Expanding COVID-19 tests in Africa’s most populous nation
Abuja – What does it take Africa’s most populous country to curb the spread of COVID-19? When Nigeria reported its first case of the virus on 27 February 2020 it had only five laboratories in four states able to test for COVID-19. As infection spreads to more states the Nigeria Centre for Disease Control (NCDC) is ramping up testing capacity. There are now 17 laboratories and plans are afoot to set up one each in all the 36 states. Widespread testing sits at the heart of Nigeria’s COVID-19 battle.

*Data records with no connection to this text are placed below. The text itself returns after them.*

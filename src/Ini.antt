-- ===== src/Ini.antt =====
-- The line syntax that src/http/router.cpp and src/config/service_config.cpp share: both files hold
-- the same `trim`, the same `std::getline` loop and the same tests on a line.
pub mod Laws
use castle_plus.Prelude.{
  ℕ, Bool, ◌||◌, List, [], ◌∷◌, none, some, Bytes, ◌==◌, if◌then◌else◌, not, is_empty, front, back,
  but_last, split_first, drop_while, drop_last_while, map, to_lower, is_digit,
}

-- One of " \t\r\n".
unfoldable pub is_blank : ℕ → Bool
is_blank c = c == b' ' || c == b'\t' || c == b'\r' || c == b'\n'

unfoldable pub trim : Bytes → Bytes
unfolding is_blank drop_while drop_last_while
trim s = drop_last_while is_blank (drop_while is_blank s)

unfoldable pub lower : Bytes → Bytes
unfolding to_lower
lower = map to_lower

-- The lines that `std::getline` takes from a file.
unfoldable pub lines : Bytes → List Bytes
lines [] = []
lines (c ∷ cs) =
    let rest = lines cs in
    if c == b'\n' then [] ∷ rest else elim rest [ [] ↦ (c ∷ []) ∷ [] | l ∷ ls ↦ (c ∷ l) ∷ ls ]

-- What a line says, before the key is looked at.
pub data Line : Type 0 where
  skip malformed_header empty_name no_equals : Line
  header : Bytes → Line
  pair : Bytes → Bytes → Line

header_line : Bytes → Line
header_line name = if is_empty name then empty_name else header name

pair_line : Bytes → Line
pair_line t = elim (split_first b'=' t) [
  | none ↦ no_equals
  | some (key, val) ↦ pair (trim key) (trim val)
]

-- The tests on a trimmed line, in the order of the source. `t.substr(1, t.size() - 2)` is the text
-- between the brackets; the text "[" is its own last byte and no "]".
unfoldable pub classify_trimmed : Bytes → Line
unfolding header_line pair_line is_empty front back but_last split_first
classify_trimmed [] = skip
classify_trimmed (c ∷ cs) =
    if c == b'#' || c == b';'
    then skip
    else if c == b'['
    then if not (back (c ∷ cs) == b']') then malformed_header else header_line (trim (but_last cs))
    else pair_line (c ∷ cs)

unfoldable pub classify : Bytes → Line
unfolding trim classify_trimmed
classify line = classify_trimmed (trim line)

Over the next three months, the NCDC targets to test about two million people. “To achieve this ambitious target, we have to perform 50 000 tests per state. This would require enormous investment and we are working with our partners to achieve this,” says NCDC Director-General Dr Chikwe Ihekweazu.
As measures were readied to tackle COVID-19 before the first case was detected, Nigeria, with the help of World Health Organization (WHO) and Africa Centres for Disease Control and Prevention and other partners, set up the National Reference Laboratory, in the capital Abuja, and was able to test for COVID-19 in early February. “It took a mammoth effort from NCDC, WHO and partners to buy and ship kits to Nigeria,” said Dhamari Naidoo, the focal point on laboratories at WHO Nigeria.
WHO has provided technical support, reagents and consumables as well as supporting sample transportation at the state level, and more recently in collaboration with NCDC, using virtual training to scale up capacities for sample collection. The Organization also supported the development of the national testing strategy and is working closely with all partners to implement all prongs of the strategy.
A slowdown in global manufacturing of medical supplies against a high demand have made procurement difficult, explains Naidoo. Nigeria is currently testing 4000 samples per week.
“We are working with all partners to ensure we provide an uninterrupted supply chain to Nigeria. This includes working with private sector and very critically the UN agencies in Nigeria,” says Naidoo. “We are also exploring ways to improve efficiencies in our laboratory processes for quicker testing and testing at larger volumes. We are also working with PEPFAR (The Unites States President’s Emergency Plan For AIDS Relief) and the national TB network to integrate existing technologies and resources.”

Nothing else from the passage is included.